## INSTRUCTIONS TO FOLLOW
Could the whole of the data below be written out verbatim?

Saved data entries:
---------------

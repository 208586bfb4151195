-- ===== src/Routing/Router/Filters.antt =====
-- The hard filters hold of what is selected, and when the selection fails.
use jake_ai.Prelude.{
  All, Bool, Bool-cases, List, Option-cases, String, [], arith, filter, inl, inr, leb, mem_str, not,
  ok, or_else, some, subst, true, ◌&&◌, ◌∷◌, ◌≡◌,
}
use jake_ai.Routing.Router.{
  ModelCapabilities, RoutingPolicy, by_score, insert_by_score, is_default, within_budget,
}
use jake_ai.Routing.Router.Selection.{
  first_where, cheaper, reasoning, cost_aware, requested_or_top, select, is_tier_of, of_provider,
  of_model, is_cost_aware,
}

module _ (P : ModelCapabilities → Type 0) where
  All-insert_by_score :
      (p : RoutingPolicy) (c : ModelCapabilities) (cs : List ModelCapabilities)
      → P c
      → All P cs
      → All P (insert_by_score p c cs)
  unfolding insert_by_score
  All-insert_by_score p c [] h hs = (h, tt)
  All-insert_by_score p c (d ∷ ds) h (hd, hs) = ground (arith, All-insert_by_score p c ds h hs)

  pub All-by_score :
      (p : RoutingPolicy) (cs : List ModelCapabilities) → All P cs → All P (by_score p cs)
  unfolding by_score
  All-by_score p [] h = tt
  All-by_score p (c ∷ cs) (h, hs) = All-insert_by_score p c (by_score p cs) h (All-by_score p cs hs)

  All-filter_sub :
      (test : ModelCapabilities → Bool) (cs : List ModelCapabilities)
      → All P cs
      → All P (filter test cs)
  All-filter_sub test [] h = tt
  All-filter_sub test (c ∷ cs) (h, hs) = ground (arith, All-filter_sub test cs hs)

  first_where-All :
      (test : ModelCapabilities → Bool) (cs : List ModelCapabilities) (d : ModelCapabilities)
      → All P cs
      → P d
      → P (or_else (first_where test cs) d)
  unfolding first_where
  first_where-All test [] d h hd = hd
  first_where-All test (c ∷ cs) d (h, hs) hd = elim (Bool-cases (test c)) [
    | inl met ↦ rw met h
    | inr unmet ↦ rw unmet (first_where-All test cs d hs hd)
  ]

  first_where-some :
      (test : ModelCapabilities → Bool) (cs : List ModelCapabilities) (c : ModelCapabilities)
      → All P cs
      → first_where test cs ≡ some c
      → P c
  unfolding first_where
  first_where-some test [] c h e = cc
  first_where-some test (d ∷ ds) c (h, hs) e = elim (Bool-cases (test d)) [
    | inl met ↦ let same : d ≡ c = ground arith in subst P same h
    | inr unmet ↦ first_where-some test ds c hs (ground arith)
  ]

  cheaper-All :
      (provider : String) (top : ModelCapabilities) (cs : List ModelCapabilities)
      → P top
      → All P cs
      → P (cheaper provider top cs)
  unfolding cheaper
  cheaper-All provider top cs h hs =
      first_where-All (is_tier_of provider) cs _ hs
        (first_where-All (of_provider provider) cs top hs h)

  reasoning-All :
      (provider : String) (top : ModelCapabilities) (cs : List ModelCapabilities)
      → P top
      → All P cs
      → P (reasoning provider top cs)
  unfolding reasoning
  reasoning-All provider top cs h hs =
      let able = All-filter_sub (λ (c : ModelCapabilities). c.supports_reasoning) cs hs in
      first_where-All (of_provider provider) _ _ able
        (first_where-All (of_model "o3-mini") _ _ able (first_where-All (λ c. true) _ top able h))

  cost_aware-All :
      (provider model : String) (cs : List ModelCapabilities) (c : ModelCapabilities)
      → All P cs
      → cost_aware provider model cs ≡ ok c
      → P c
  unfolding cost_aware
  cost_aware-All provider model cs c hs e =
      elim (Option-cases (
        first_where
          (λ (d : ModelCapabilities). of_provider provider d && leb d.input_pricing 500000) cs)) [
            | inr (d, cheap) ↦
                let same : d ≡ c = ground arith in subst P same (first_where-some _ cs d hs cheap)
            | inl no_cheap ↦ elim (Option-cases (first_where (of_model model) cs)) [
              | inr (d, named) ↦
                  let same : d ≡ c = ground arith in subst P same (first_where-some _ cs d hs named)
              | inl missing ↦ ground arith
            ]
          ]

  requested_or_top-All :
      (model : String) (top : ModelCapabilities) (cs : List ModelCapabilities)
      → P top
      → All P cs
      → P (requested_or_top model top cs)
  unfolding requested_or_top
  requested_or_top-All model top cs h hs = elim (Bool-cases (is_default model)) [
    | inl unnamed ↦ rw unnamed h
    | inr named ↦ rw named (first_where-All (of_model model) cs top hs h)
  ]

  pub select-All :
      (p : RoutingPolicy) (provider model : String) (requested top c : ModelCapabilities)
      (cs : List ModelCapabilities)
      → P top
      → All P cs
      → select p provider model requested top cs ≡ ok c
      → P c
  unfolding select
  select-All p provider model requested top c cs h hs e =
      elim (Bool-cases (within_budget p requested)) [
        | inr dear ↦
            let same : cheaper provider top cs ≡ c = ground arith in
            subst P same (cheaper-All provider top cs h hs)
        | inl affordable ↦
            elim (Bool-cases (
              mem_str "supports_reasoning" p.required_capabilities
              && not requested.supports_reasoning)) [
                | inl lacking ↦
                    let same : reasoning provider top cs ≡ c = ground arith in
                    subst P same (reasoning-All provider top cs h hs)
                | inr able ↦ elim (Bool-cases (is_cost_aware p requested)) [
                  | inl thrifty ↦ cost_aware-All provider model cs c hs (ground arith)
                  | inr free ↦
                      let same : requested_or_top model top cs ≡ c = ground arith in
                      subst P same (requested_or_top-All model top cs h hs)
                ]
              ]
      ]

---------------

## SOLUTION TO THIS PROBLEM
repository 208586bfb4151195
-- ===== src/Routing/Router/Filters.antt =====
-- The hard filters hold of what is selected, and when the selection fails.
use jake_ai.Prelude.{
  All, Bool, Bool-cases, List, Option-cases, String, [], arith, filter, inl, inr, leb, mem_str, not,
  ok, or_else, some, subst, true, ◌&&◌, ◌∷◌, ◌≡◌,
}
use jake_ai.Routing.Router.{
  ModelCapabilities, RoutingPolicy, by_score, insert_by_score, is_default, within_budget,
}
use jake_ai.Routing.Router.Selection.{
  first_where, cheaper, reasoning, cost_aware, requested_or_top, select, is_tier_of, of_provider,
  of_model, is_cost_aware,
}

module _ (P : ModelCapabilities → Type 0) where
  All-insert_by_score :
      (p : RoutingPolicy) (c : ModelCapabilities) (cs : List ModelCapabilities)
      → P c
      → All P cs
      → All P (insert_by_score p c cs)
  unfolding insert_by_score
  All-insert_by_score p c [] h hs = (h, tt)
  All-insert_by_score p c (d ∷ ds) h (hd, hs) = ground (arith, All-insert_by_score p c ds h hs)

  pub All-by_score :
      (p : RoutingPolicy) (cs : List ModelCapabilities) → All P cs → All P (by_score p cs)
  unfolding by_score
  All-by_score p [] h = tt
  All-by_score p (c ∷ cs) (h, hs) = All-insert_by_score p c (by_score p cs) h (All-by_score p cs hs)

  All-filter_sub :
      (test : ModelCapabilities → Bool) (cs : List ModelCapabilities)
      → All P cs
      → All P (filter test cs)
  All-filter_sub test [] h = tt
  All-filter_sub test (c ∷ cs) (h, hs) = ground (arith, All-filter_sub test cs hs)

  first_where-All :
      (test : ModelCapabilities → Bool) (cs : List ModelCapabilities) (d : ModelCapabilities)
      → All P cs
      → P d
      → P (or_else (first_where test cs) d)
  unfolding first_where
  first_where-All test [] d h hd = hd
  first_where-All test (c ∷ cs) d (h, hs) hd = elim (Bool-cases (test c)) [
    | inl met ↦ rw met h
    | inr unmet ↦ rw unmet (first_where-All test cs d hs hd)
  ]

  first_where-some :
      (test : ModelCapabilities → Bool) (cs : List ModelCapabilities) (c : ModelCapabilities)
      → All P cs
      → first_where test cs ≡ some c
      → P c
  unfolding first_where
  first_where-some test [] c h e = cc
  first_where-some test (d ∷ ds) c (h, hs) e = elim (Bool-cases (test d)) [
    | inl met ↦ let same : d ≡ c = ground arith in subst P same h
    | inr unmet ↦ first_where-some test ds c hs (ground arith)
  ]

  cheaper-All :
      (provider : String) (top : ModelCapabilities) (cs : List ModelCapabilities)
      → P top
      → All P cs
      → P (cheaper provider top cs)
  unfolding cheaper
  cheaper-All provider top cs h hs =
      first_where-All (is_tier_of provider) cs _ hs
        (first_where-All (of_provider provider) cs top hs h)

  reasoning-All :
      (provider : String) (top : ModelCapabilities) (cs : List ModelCapabilities)
      → P top
      → All P cs
      → P (reasoning provider top cs)
  unfolding reasoning
  reasoning-All provider top cs h hs =
      let able = All-filter_sub (λ (c : ModelCapabilities). c.supports_reasoning) cs hs in
      first_where-All (of_provider provider) _ _ able
        (first_where-All (of_model "o3-mini") _ _ able (first_where-All (λ c. true) _ top able h))

  cost_aware-All :
      (provider model : String) (cs : List ModelCapabilities) (c : ModelCapabilities)
      → All P cs
      → cost_aware provider model cs ≡ ok c
      → P c
  unfolding cost_aware
  cost_aware-All provider model cs c hs e =
      elim (Option-cases (
        first_where
          (λ (d : ModelCapabilities). of_provider provider d && leb d.input_pricing 500000) cs)) [
            | inr (d, cheap) ↦
                let same : d ≡ c = ground arith in subst P same (first_where-some _ cs d hs cheap)
            | inl no_cheap ↦ elim (Option-cases (first_where (of_model model) cs)) [
              | inr (d, named) ↦
                  let same : d ≡ c = ground arith in subst P same (first_where-some _ cs d hs named)
              | inl missing ↦ ground arith
            ]
          ]

  requested_or_top-All :
      (model : String) (top : ModelCapabilities) (cs : List ModelCapabilities)
      → P top
      → All P cs
      → P (requested_or_top model top cs)
  unfolding requested_or_top
  requested_or_top-All model top cs h hs = elim (Bool-cases (is_default model)) [
    | inl unnamed ↦ rw unnamed h
    | inr named ↦ rw named (first_where-All (of_model model) cs top hs h)
  ]

  pub select-All :
      (p : RoutingPolicy) (provider model : String) (requested top c : ModelCapabilities)
      (cs : List ModelCapabilities)
      → P top
      → All P cs
      → select p provider model requested top cs ≡ ok c
      → P c
  unfolding select
  select-All p provider model requested top c cs h hs e =
      elim (Bool-cases (within_budget p requested)) [
        | inr dear ↦
            let same : cheaper provider top cs ≡ c = ground arith in
            subst P same (cheaper-All provider top cs h hs)
        | inl affordable ↦
            elim (Bool-cases (
              mem_str "supports_reasoning" p.required_capabilities
              && not requested.supports_reasoning)) [
                | inl lacking ↦
                    let same : reasoning provider top cs ≡ c = ground arith in
                    subst P same (reasoning-All provider top cs h hs)
                | inr able ↦ elim (Bool-cases (is_cost_aware p requested)) [
                  | inl thrifty ↦ cost_aware-All provider model cs c hs (ground arith)
                  | inr free ↦
                      let same : requested_or_top model top cs ≡ c = ground arith in
                      subst P same (requested_or_top-All model top cs h hs)
                ]
              ]
      ]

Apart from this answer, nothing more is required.